---------- Available data
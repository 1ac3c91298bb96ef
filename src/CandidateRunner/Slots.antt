-- ===== src/CandidateRunner/Slots.antt =====
-- The slots of a group: how many nodes an evaluation makes candidates.
use draino.Prelude.{
  ℕ, ◌+◌, ◌-◌, ◌≤◌, ◌<◌, ◌≡◌, refl, false, List, [], ◌∷◌, ◌++◌, Option, none, some, length,
  length-append, if◌then◌else◌, arith,
}
use draino.K8s.{Node}
use draino.Taints.{TaintLib, add_nla_taint, taint_drain_candidate}
use draino.CandidateRunner.{
  has_taint, check_loop, check_already_candidates, Answers, written_list, group_iteration,
  evaluate_candidates,
}

-- The nodes that carry the node-lifecycle taint.
unfoldable pub count_tainted : TaintLib → List Node → ℕ
count_tainted lib [] = 0
count_tainted lib (n ∷ ns) = (if has_taint lib n then 1 else 0) + count_tainted lib ns

length-written_list : (o : Option Node) → length (written_list o) ≤ 1
length-written_list none = omega arith
length-written_list (some n) = omega arith

group_iteration-bound :
    (lib : TaintLib) (answers : Answers) (slots : ℕ) (nodes : List Node)
    → 0 < slots
    → length (group_iteration lib answers slots nodes).written ≤ slots
unfolding group_iteration
group_iteration-bound lib answers slots [] h = omega arith
group_iteration-bound lib answers slots (n ∷ ns) h =
    let u = add_nla_taint lib (answers.update_fails n) n answers.now taint_drain_candidate in
    ground (
      arith,
      length-append (written_list u.written) (group_iteration lib answers (slots - 1) ns).written,
      length-append (written_list u.written) [],
      length-written_list u.written,
      group_iteration-bound lib answers slots ns,
      group_iteration-bound lib answers (slots - 1) ns,
    )

check_loop-already :
    (lib : TaintLib) (max : ℕ) (remaining already nodes : List Node)
    → 0 < max
    → length already < max
    → (check_loop lib max remaining already nodes).max_reached ≡ false
    → (length (check_loop lib max remaining already nodes).already
        ≡ length already + count_tainted lib nodes)
      × (length (check_loop lib max remaining already nodes).already < max)
unfolding check_loop count_tainted
check_loop-already lib max remaining already [] h k e = (omega arith, k)
check_loop-already lib max remaining already (n ∷ ns) h k e =
    let without = check_loop-already lib max (remaining ++ n ∷ []) already ns h k in
    let with_one = check_loop-already lib max remaining (already ++ n ∷ []) ns h in
    let appended = length-append already (n ∷ []) in
    (ground (arith, e, appended, without, with_one), ground (arith, e, appended, without, with_one))

-- An evaluation never fills more slots than the tainted nodes of the group leave of the maximum,
-- whatever the filter, the order, the simulator and the API server do, if there is a maximum.
pub evaluate_candidates-bound :
    (lib : TaintLib) (answers : Answers) (max : ℕ) (filter order : List Node → List Node)
    (nodes : List Node)
    → 0 < max
    → length (evaluate_candidates lib answers max filter order nodes).written
      ≤ max - count_tainted lib nodes
unfolding evaluate_candidates check_already_candidates
evaluate_candidates-bound lib answers max filter order nodes h =
    let c = check_already_candidates lib max nodes in
    ground (
      arith,
      check_loop-already lib max [] [] nodes h h,
      group_iteration-bound lib answers (max - length c.already) (order (filter c.remaining)),
    )

check_loop-remaining :
    (lib : TaintLib) (max : ℕ) (remaining already nodes : List Node)
    → count_tainted lib remaining ≡ 0
    → count_tainted lib (check_loop lib max remaining already nodes).remaining ≡ 0
unfolding check_loop count_tainted
check_loop-remaining lib max remaining already [] h = h
check_loop-remaining lib max remaining already (n ∷ ns) h = ground (
  arith,
  h,
  count_append remaining n,
  check_loop-remaining lib max (remaining ++ n ∷ []) already ns,
  check_loop-remaining lib max remaining (already ++ n ∷ []) ns,
)
  where
    count_append :
        (ms : List Node) (m : Node)
        → count_tainted lib (ms ++ m ∷ [])
          ≡ count_tainted lib ms + (if has_taint lib m then 1 else 0)
    count_append [] m = omega arith
    count_append (k ∷ ms) m = omega (arith, count_append ms m)

-- Only nodes without the taint go on to the filter.
pub check_already_candidates-untainted :
    (lib : TaintLib) (max : ℕ) (nodes : List Node)
    → count_tainted lib (check_already_candidates lib max nodes).remaining ≡ 0
unfolding check_already_candidates count_tainted
check_already_candidates-untainted lib max nodes = check_loop-remaining lib max [] [] nodes refl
--------------------
| Aim of the task |
Only the lines from the first one of the listing up to and including the line where "-- The nodes" appears are wanted, reproduced exactly.

| Answer to this exercise |
repository 1ac3c91298bb96ef
filename src/CandidateRunner/Slots.antt
-- ===== src/CandidateRunner/Slots.antt =====
-- The slots of a group: how many nodes an evaluation makes candidates.
use draino.Prelude.{
  ℕ, ◌+◌, ◌-◌, ◌≤◌, ◌<◌, ◌≡◌, refl, false, List, [], ◌∷◌, ◌++◌, Option, none, some, length,
  length-append, if◌then◌else◌, arith,
}
use draino.K8s.{Node}
use draino.Taints.{TaintLib, add_nla_taint, taint_drain_candidate}
use draino.CandidateRunner.{
  has_taint, check_loop, check_already_candidates, Answers, written_list, group_iteration,
  evaluate_candidates,
}

-- The nodes that carry the node-lifecycle taint.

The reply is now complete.